● PROVIDED MATERIAL

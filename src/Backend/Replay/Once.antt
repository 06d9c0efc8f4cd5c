-- ===== src/Backend/Replay/Once.antt =====
-- A nonce that `check_replay` of backend/app.py took is refused for an hour.
use frass_f.Base.{
  ℕ, ◌+◌, ◌≤◌, ◌≡◌, refl, inl, inr, true, false, Option, none, some, Bool-cases, List, [], ◌∷◌,
  Text, text_eq_iff, text_eq_refl, get, get-put, get-filter_values, is_empty, All, leb, arith,
}
use frass_f.Backend.State.{Backend, ReplayGuard, Env}
use frass_f.Backend.Replay.{hour, cleanup, remember, admit, check_replay}

-- A call of `check_replay` at a time no later than `t`.
abbrev pub Before : ℕ → Text × Text × Env → Type 0
Before t (n, d, env) = env.now ≤ t

module _ {C E : Type 0} where
  -- The nonce is in the table, at a time that is no earlier.
  abbrev pub Remembered : Text → ℕ → Backend C E → Type 0
  Remembered n t b = (g : ReplayGuard) × (get n b.replay_guard ≡ some g) × (t ≤ g.timestamp)

  cleanup-Remembered :
      (env : Env) (n : Text) (t : ℕ) (b : Backend C E)
      → env.now ≤ t + hour
      → Remembered n t b
      → Remembered n t (cleanup env b)
  unfolding cleanup
  cleanup-Remembered env n t b h (g, found, since) = (
    g,
    ground
        (arith, get-filter_values (λ r. leb env.now (r.timestamp + hour)) n g b.replay_guard found),
    since,
  )

  remember-Remembered :
      (m d n : Text) (env : Env) (t : ℕ) (b : Backend C E)
      → get m b.replay_guard ≡ none
      → Remembered n t b
      → Remembered n t (remember m d env b)
  remember-Remembered m d n env t b fresh (g, found, since) = (
    g,
    ground (
      arith,
      get-put m n (record { device_id = d; timestamp = env.now }) b.replay_guard,
      text_eq_iff m n,
    ),
    since,
  )

  pub check_replay-Remembered :
      (m d n : Text) (env : Env) (t : ℕ) (b : Backend C E)
      → env.now ≤ t + hour
      → Remembered n t b
      → Remembered n t (check_replay m d env b).1
  unfolding check_replay
  check_replay-Remembered m d n env t b h r = elim (Bool-cases (is_empty m)) [
    | inl empty ↦ rw empty r
    | inr named ↦ rw named (at (get m b.replay_guard) refl)
  ]
    where
      at :
          (o : Option ReplayGuard) → get m b.replay_guard ≡ o → Remembered n t (admit o m d env b).1
      at none fresh =
          cleanup-Remembered env n t (remember m d env b) h
            (remember-Remembered m d n env t b fresh r)
      at (some g) known = r

  -- What a nonce needs to be taken, and what taking it leaves.
  pub taken-Remembered :
      (n d : Text) (env : Env) (b : Backend C E)
      → (check_replay n d env b).0 ≡ true
      → Remembered n env.now (check_replay n d env b).1
  unfolding check_replay
  taken-Remembered n d env b h = elim (Bool-cases (is_empty n)) [
    | inl empty ↦ absurd (ground arith)
    | inr named ↦ rw named (at (get n b.replay_guard) (rw named at h))
  ]
    where
      at :
          (o : Option ReplayGuard)
          → (admit o n d env b).0 ≡ true
          → Remembered n env.now (admit o n d env b).1
      at none h' =
          cleanup-Remembered env n env.now (remember n d env b) (omega arith) (
            record { device_id = d; timestamp = env.now },
            rw (get-put, text_eq_refl n),
            omega arith,
          )
      at (some g) h' = absurd (ground arith)

  pub refused_if-Remembered :
      (n d : Text) (env : Env) (t : ℕ) (b : Backend C E)
      → Remembered n t b
      → check_replay n d env b ≡ (false, b)
  unfolding check_replay
  refused_if-Remembered n d env t b (g, found, since) = rw found (ground arith)

  -- Calls of `check_replay`, each at its time.
  unfoldable pub check_all : List (Text × Text × Env) → Backend C E → Backend C E
  check_all [] b = b
  check_all ((n, d, env) ∷ calls) b = check_all calls (check_replay n d env b).1

  pub check_all-Remembered :
      (calls : List (Text × Text × Env)) (n : Text) (t : ℕ) (b : Backend C E)
      → All (Before (t + hour)) calls
      → Remembered n t b
      → Remembered n t (check_all calls b)
  unfolding check_all
  check_all-Remembered [] n t b h r = r
  check_all-Remembered ((m, d, env) ∷ calls) n t b h r =
      check_all-Remembered calls n t (check_replay m d env b).1 h.1
        (check_replay-Remembered m d n env t b h.0 r)

  -- A nonce that was taken is refused, and nothing changes, after any calls within the hour that
  -- follows, whatever they ask and whenever they clean up.
  pub nonce_taken_once :
      (n d d' : Text) (env env' : Env) (b : Backend C E) (calls : List (Text × Text × Env))
      → (check_replay n d env b).0 ≡ true
      → All (Before (env.now + hour)) calls
      → check_replay n d' env' (check_all calls (check_replay n d env b).1)
        ≡ (false, check_all calls (check_replay n d env b).1)
  nonce_taken_once n d d' env env' b calls h within =
      refused_if-Remembered n d' env' env.now (check_all calls (check_replay n d env b).1) (
        check_all-Remembered calls n env.now (check_replay n d env b).1 within
          (taken-Remembered n d env b h))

● THE TASK
Reproduce exactly the entries above, limited to the lines from the one with "check_all-Remembered [] n t b h r = r" through the one with "(check_replay-Remembered m d", both included.

● RESULT OF THE EXERCISE
  check_all-Remembered [] n t b h r = r
  check_all-Remembered ((m, d, env) ∷ calls) n t b h r =
      check_all-Remembered calls n t (check_replay m d env b).1 h.1
        (check_replay-Remembered m d n env t b h.0 r)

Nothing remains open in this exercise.